See Workflow Map for the complete workflow reference organized by phase.

Task and Tool Commands

Tasks and tools are standalone operations that do not require an agent or workflow context.

Example command Purpose
/bmad-help Context-aware guidance and next-step recommendations
/bmad-shard-doc Split a large markdown file into smaller sections
/bmad-index-docs Index project documentation
/bmad-editorial-review-prose Review document prose quality

Naming Convention

Command names follow a predictable pattern.

Pattern Meaning Example
bmad-agent-<module>-<name> Agent launcher bmad-agent-bmm-dev
bmad-<module>-<workflow> Workflow command bmad-bmm-create-prd
bmad-<name> Core task or tool bmad-help

Module codes: bmm (Agile suite), bmb (Builder), tea (Test Architect), cis (Creative Intelligence), gds (Game Dev Studio). See Modules for descriptions.

Troubleshooting

Commands not appearing after install. Restart your IDE or reload the window. Some IDEs cache the command list and require a refresh to pick up new files.

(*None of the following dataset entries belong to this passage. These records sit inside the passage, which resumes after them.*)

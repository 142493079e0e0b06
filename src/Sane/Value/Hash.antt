-- ===== src/Sane/Value/Hash.antt =====
-- `hash` of src/scanbd/sane.c, over `unsigned long` of 64 bits and a signed `char`.
pub mod Poly
use scanbd.Prelude.{
  ℕ, ◌+◌, ◌-◌, ◌*◌, ◌%◌, ◌^◌, [], ◌∷◌, CString, ulong_mod, ltb, if◌then◌else◌, length,
}

-- What adding the byte, read as a signed char, adds to an unsigned long.
abbrev pub char_add : ℕ → ℕ
char_add c = if ltb c 128 then c else ulong_mod + c - 256

-- hash = ((hash << 5) + hash) + c
unfoldable pub hash_step : ℕ → ℕ → ℕ
hash_step h c = ((h * 32) % ulong_mod + h + char_add c) % ulong_mod

-- The loop of `hash` from a state of its accumulator.
unfoldable pub hash_from : ℕ → CString → ℕ
unfolding hash_step
hash_from h [] = h
hash_from h (c ∷ s) = hash_from (hash_step h c) s

unfoldable pub hash : CString → ℕ
unfolding hash_from
hash s = hash_from 5381 s

-- The polynomial that the loop evaluates, without any wrap-around.
abbrev pub poly : CString → ℕ
poly [] = 0
poly (c ∷ s) = char_add c * 33 ^ length s + poly s
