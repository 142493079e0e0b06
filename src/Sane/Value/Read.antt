-- ===== src/Sane/Value/Read.antt =====
-- sane_option_value_init, sane_option_value_free and get_sane_option_value of src/scanbd/sane.c.
use scanbd.Prelude.{ℕ, Bool, true, false, none, some, leb, if◌then◌else◌, take, c_string}
use scanbd.Sane.Types.{
  Descriptor, Driver, OptValue, ValueType, type_bool, type_int, type_fixed, type_string,
  type_button,
}
use scanbd.Sane.Value.Hash.{hash}

unfoldable pub sane_option_value_init : OptValue
sane_option_value_init = record { num_value = 0; str = none; reg = none }

-- The strings and the compiled expression are freed; the number stays.
unfoldable pub sane_option_value_free : OptValue → OptValue
sane_option_value_free v = record v { str = none; reg = none }

-- BOOL | INT | FIXED | BUTTON
abbrev pub is_numerical : ValueType → Bool
is_numerical type_bool = true
is_numerical type_int = true
is_numerical type_fixed = true
is_numerical type_button = true
is_numerical _ = false

abbrev pub is_string : ValueType → Bool
is_string type_string = true
is_string _ = false

module _ {D : Type 0} (sane : Driver D) where
  -- A number of at most sizeof(long int) bytes.
  read_numerical : D → ℕ → Descriptor → OptValue × D
  unfolding sane_option_value_init
  read_numerical d index odesc =
      let (got, d') = sane.read_word d index in
      if leb odesc.size 8
      then (
        elim got [
          | none ↦ sane_option_value_init
          | some n ↦ record sane_option_value_init { num_value = n }
        ],
        d',
      )
      else (sane_option_value_init, d)

  -- A string: the byte behind the option's size is overwritten by the terminating NUL.
  read_text : D → ℕ → Descriptor → OptValue × D
  unfolding sane_option_value_init hash
  read_text d index odesc =
      let (got, d') = sane.read_string d index in
      let (good, buffer) = got in
      let text = c_string (take odesc.size buffer) in
      (
        if good
            then record { num_value = hash text; str = some text; reg = none }
            else record sane_option_value_init { str = some (c_string buffer) },
        d',
      )

  unfoldable pub get_sane_option_value : D → ℕ → OptValue × D
  unfolding read_numerical read_text
  get_sane_option_value d index = elim (sane.descriptor d index) [
    | none ↦ (sane_option_value_init, d)
    | some odesc ↦
        if is_numerical odesc.type
        then read_numerical d index odesc
        else if is_string odesc.type
        then read_text d index odesc
        else (sane_option_value_init, d)
  ]
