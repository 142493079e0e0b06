-- ===== src/Sane/Match/Search.antt =====
-- The loops of src/scanbd/sane.c that look for an option number in the used part of a table, and
-- the tests by which a configured filter selects an option of the device.
use scanbd.Prelude.{
  ℕ, zero, suc, ◌+◌, ◌≤◌, ◌<◌, ◌≡◌, refl, ap, ◌⊎◌, inl, inr, Bool, ◌||◌, Option, none, some, List,
  [], ◌∷◌, map, CString, ◌==◌, ==_iff, ==_false, if◌then◌else◌, Bool-cases, take, length, set,
  NotIn, arith,
}
use scanbd.Sane.Types.{Descriptor, Regex}
use scanbd.Sane.Value.Read.{is_numerical, is_string}

-- The descriptor of an option that passes every test of the inner loop, the filter's last.
unfoldable pub candidate : Regex → CString → Option Descriptor → Option Descriptor
candidate re filter none = none
candidate re filter (some odesc) =
    if odesc.active
    then (elim odesc.name [
      | none ↦ none
      | some name ↦
          if is_numerical odesc.type || is_string odesc.type
          then (if re.matches filter name then some odesc else none)
          else none
    ])
    else none

pub candidate-type :
    (re : Regex) (filter : CString) (odesc? : Option Descriptor) {odesc : Descriptor}
    → candidate re filter odesc? ≡ some odesc
    → (odesc? ≡ some odesc) × ((is_numerical odesc.type || is_string odesc.type) ≡ Bool.true)
unfolding candidate
candidate-type re filter none h = ground arith
candidate-type re filter (some o) h = ground arith

-- Where the search of `k` entries ends: at an entry of that number, or behind them all.
abbrev pub Slot : ℕ → List ℕ → ℕ → ℕ → Type 0
Slot k ns opt i = ((i < k) × (set ns i opt ≡ ns)) ⊎ ((i ≡ k) × NotIn opt ns)

module _ {ℓ} {A : Type ℓ} (number : A → ℕ) where
  -- for (n = ...; n < count; n += 1) { if (xs[n].number == opt) break; }, with the rounds left.
  unfoldable pub find_number : ℕ → List A → ℕ → ℕ → Option ℕ
  find_number zero xs opt n = some n
  find_number (suc k) [] opt n = none
  find_number (suc k) (x ∷ xs) opt n =
      let rest = find_number k xs opt (suc n) in if number x == opt then some n else rest

  pub find_number-Slot :
      (k : ℕ) (xs : List A) (opt n : ℕ)
      → k ≤ length xs
      → (i : ℕ) × (find_number k xs opt n ≡ some (n + i)) × Slot k (map number (take k xs)) opt i
  unfolding find_number
  find_number-Slot zero xs opt n h = (0, ap some (omega arith), inr (refl, tt))
  find_number-Slot (suc k) [] opt n h = absurd (omega arith)
  find_number-Slot (suc k) (x ∷ xs) opt n h = elim (Bool-cases (number x == opt)) [
    | inl e ↦ (
      0,
      rw e (ap some (omega arith)),
      inl (omega arith, ap (λ m. m ∷ map number (take k xs)) (omega (arith, (==_iff _ _).0 e))),
    )
    | inr e ↦
        let (i, found, slot) = find_number-Slot k xs opt (suc n) (omega arith) in
        (suc i, rw (e, found) (ap some (omega arith)), next e slot)
  ]
    where
      next :
          {i : ℕ}
          → (number x == opt) ≡ Bool.false
          → Slot k (map number (take k xs)) opt i
          → Slot (suc k) (number x ∷ map number (take k xs)) opt (suc i)
      next e (inl (lt, same)) = inl (omega arith, ap (◌∷◌ (number x)) same)
      next e (inr (end, new)) = inr (ap suc end, (==_false _ _ e, new))

  -- The same for a search from the first entry on.
  pub find_number-first :
      (k : ℕ) (xs : List A) (opt : ℕ)
      → k ≤ length xs
      → (i : ℕ) × (find_number k xs opt 0 ≡ some i) × Slot k (map number (take k xs)) opt i
  find_number-first k xs opt h =
      let (i, found, slot) = find_number-Slot k xs opt 0 h in
      let same : 0 + i ≡ i = omega arith in (i, rw same at found, slot)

Expected commands are missing. The installer only generates commands for modules you selected. Run npx bmad-method install again and verify your module selection. Check that the command files exist in the expected directory.

Commands from a removed module still appear. The installer does not delete old command files automatically. Remove the stale files from your IDE's command directory, or delete the entire command directory and re-run the installer for a clean set.